Skype's reputation as a fervent protector of privacy rights has been dying a
slow death in recent years, and Thursday's report may have been its last gasp.
It was only five years ago that Skype claimed it did not have the ability to
intercept calls. "Because of Skype's peer-to-peer architecture and encryption
techniques, Skype would not be able to comply with [a wiretap request]," a
company spokesperson told CNET in 2008.

But since being purchased by Microsoft in 2011, the company has reportedly
been quietly re-engineering its network infrastructure -- all the while making
oblique denials that it has been doing so -- in order to facilitate just such
activity. Thursday's report appears to confirm what many observers have
suspected all along.

These latest revelations also add greater detail about the operations of the
NSA's PRISM program, a collection system that allows the agency to gather the
content of Internet communications from its corporate partners. According to
the report, the system is, for example, able to circumvent Outlook.com and
Hotmail's encryption systems by gaining access to communications at a stage
before they are encrypted.

While Thursday's report does little to settle the debate over the extent to
which PRISM gives the government access to technology companies' servers, it
does portray the NSA and FBI, which serves as the former's liaison with
Silicon Valley on PRISM, as intimately aware of Microsoft's operations.
According to the Guardian, the NSA became concerned that it would be unable to
intercept encrypted chats as soon as Microsoft began testing the service,
which is part of its free email client, Outlook.com. Those concerns were
resolved through the creation of a system that allowed the agency to
circumvent chat encryption. The report also details how the FBI worked to give
PRISM access to SkyDrive, Microsoft's free cloud storage client.
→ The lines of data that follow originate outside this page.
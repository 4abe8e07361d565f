-- ===== src/Report/Tests.antt =====
-- Reports of concrete agents.
use pq_migration_gateway.Prelude.{◌≡◌, refl, ℕ, ◌↔◌, [], ◌∷◌, none}
use pq_migration_gateway.Prelude.Int.{pos, negsuc}
use pq_migration_gateway.Result.{ok}
use pq_migration_gateway.Json.{Json, Fields, num, str, arr, obj, array, dict, get, get_or}
use pq_migration_gateway.Report.Types.{RuntimeProcess, Observation, Report}
use pq_migration_gateway.Report.Texts.{limited_text, stable_id, int_text, classify_runtime_signal}
use pq_migration_gateway.Gateway.Text.{join}
use pq_migration_gateway.Store.Rows.{find_row}
use pq_migration_gateway.Report.Processes.{Host}
use pq_migration_gateway.Report.Bounded.{bounded_json}
use pq_migration_gateway.Report.Limits.{Fits}
use pq_migration_gateway.Report.Unchanged.{bounded_json-Fits}
use pq_migration_gateway.Report.Normalize.{normalize_runtime_report}
use pq_migration_gateway.Report.Accepted.{IsNormal, normalize_runtime_report-IsNormal}

abbrev pub test_host : Host
test_host = record {
  python_str = λ _. "?";
  int_of_text = λ _. none;
  int_of_real = λ _. none;
  sha256 = λ _. "abc";
  dumped_size = λ _. 1000;
  now = "2026-01-01T00:00:00+00:00";
}

abbrev pub one_process : Json
one_process = obj (
    dict (
      ("pid", num (pos 7))
      ∷ ("start_time_ticks", num (pos 90))
      ∷ ("executable", str "/bin/a")
      ∷ []))

-- Three observations: one is linked by its process, one repeats it, one has no process.
abbrev pub event : ℕ → Json
event pid = obj (
    dict (
      ("pid", num (pos pid))
      ∷ ("start_time_ticks", num (pos 90))
      ∷ ("evidence_type", str "runtime_crypto_api")
      ∷ ("source", str "ebpf_uprobe")
      ∷ ("method", str "RSA_sign")
      ∷ ("count", num (pos 0))
      ∷ []))

abbrev pub payload : Json
payload = obj (
    dict (
      ("agent", obj (dict (("id", str "node-1") ∷ [])))
      ∷ ("batch_id", str "b1")
      ∷ ("processes", arr (array (one_process ∷ [])))
      ∷ ("observations", arr (array (event 7 ∷ event 7 ∷ event 8 ∷ [])))
      ∷ []))

abbrev first_process : RuntimeProcess
first_process = record {
  process_instance_id = "proc-abc";
  workload_asset_id = "runtime-asset-abc";
  pid = pos 7;
  start_time_ticks = pos 90;
  executable = "/bin/a";
  command = "";
  uid = negsuc 0;
  mapped_crypto_libraries = [];
  container = record { id = ""; runtime = ""; pod_uid = ""; cgroup = "" };
  namespaces = obj Fields.end;
  metadata = obj Fields.end;
}

abbrev pub first_event : Observation
first_event = record {
  observation_key = "runtime-evidence-abc";
  process_instance_id = "proc-abc";
  workload_asset_id = "runtime-asset-abc";
  pid = pos 7;
  start_time_ticks = pos 90;
  evidence_type = "runtime_crypto_api";
  method = "RSA_sign";
  library = "";
  algorithm = "classical-public-key";
  risk = "HIGH";
  pq_status = "quantum_vulnerable";
  confidence = "HIGH";
  source = "ebpf_uprobe";
  observed_at = "2026-01-01T00:00:00+00:00";
  count = pos 1;
  metadata = obj Fields.end;
}

abbrev pub sample : Report
sample = record {
  batch_id = "b1";
  collected_at = "2026-01-01T00:00:00+00:00";
  agent = record {
    id = "node-1";
    hostname = "";
    version = "";
    boot_id = "";
    mode = "host";
    capabilities = [];
    metadata = obj Fields.end;
  };
  processes = first_process ∷ [];
  observations = first_event ∷ [];
  summary = record {
    processes = 1;
    containers = 0;
    mapped_library_observations = 0;
    runtime_call_observations = 1;
  };
}

pub sample_normalized : normalize_runtime_report test_host payload ≡ ok sample
unfolding normalize_runtime_report get_or get limited_text stable_id join int_text find_row
    classify_runtime_signal bounded_json
sample_normalized = refl

normalize_runtime_report-IsNormal_example : IsNormal test_host sample
normalize_runtime_report-IsNormal_example =
    normalize_runtime_report-IsNormal test_host payload sample sample_normalized

bounded_json-Fits_example : (bounded_json payload ≡ payload) ↔ Fits 6 payload
bounded_json-Fits_example = bounded_json-Fits payload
Despite the NSA's concerns over Microsoft's encryption practices, a
significant portion of email traffic on the web is never encrypted to begin
with -- and the small portion that is uses fairly weak encryption methods. As
CNET noted in June, "Google is alone in using strong encryption, known as
SMTP-TLS, to fully armor e-mail connections for its users, as long as the
other company's server is willing to encrypt as well." By using weak
encryption methods, many Internet companies effectively leave the door wide
open for the NSA to snoop on their customers' emails.

While Thursday's report does not deal with Microsoft's business tools -- its
Outlook business email client and cloud computing services, for example -- the
close ties between the company and the NSA raise questions about whether these
products fall within the scope of the relationship as well. The report also
comes on the heels of revelations earlier this week that the agency had
targeted some "commercial secrets" in its spying activities in Latin America
-- the most significant indication yet that the NSA isn't just sweeping up
national security information.

If it is revealed that the NSA is able to target businesses in the same way
that it targets individuals, the pushback against the agency's spying
activities could swell. The revelation that kicked off the Edward Snowden saga
involved telephone records from Verizon's business unit, but since then the
revelations have largely focused on the NSA's activities against individuals
and other governments.

By all accounts, the technology firms implicated in this program have little
choice but to comply with the NSA's requests. In a statement in which
Microsoft is all too clearly frustrated at its inability to disclose more
information about its participation, the company said that "we take our
commitments to our customers and to compliance with applicable law very
seriously, so we provide customer data only in response to legal processes."

"There are aspects of this debate that we wish we were able to discuss more
freely," the statement continued. "That's why we've argued for additional
transparency that would help everyone understand and debate these important
issues."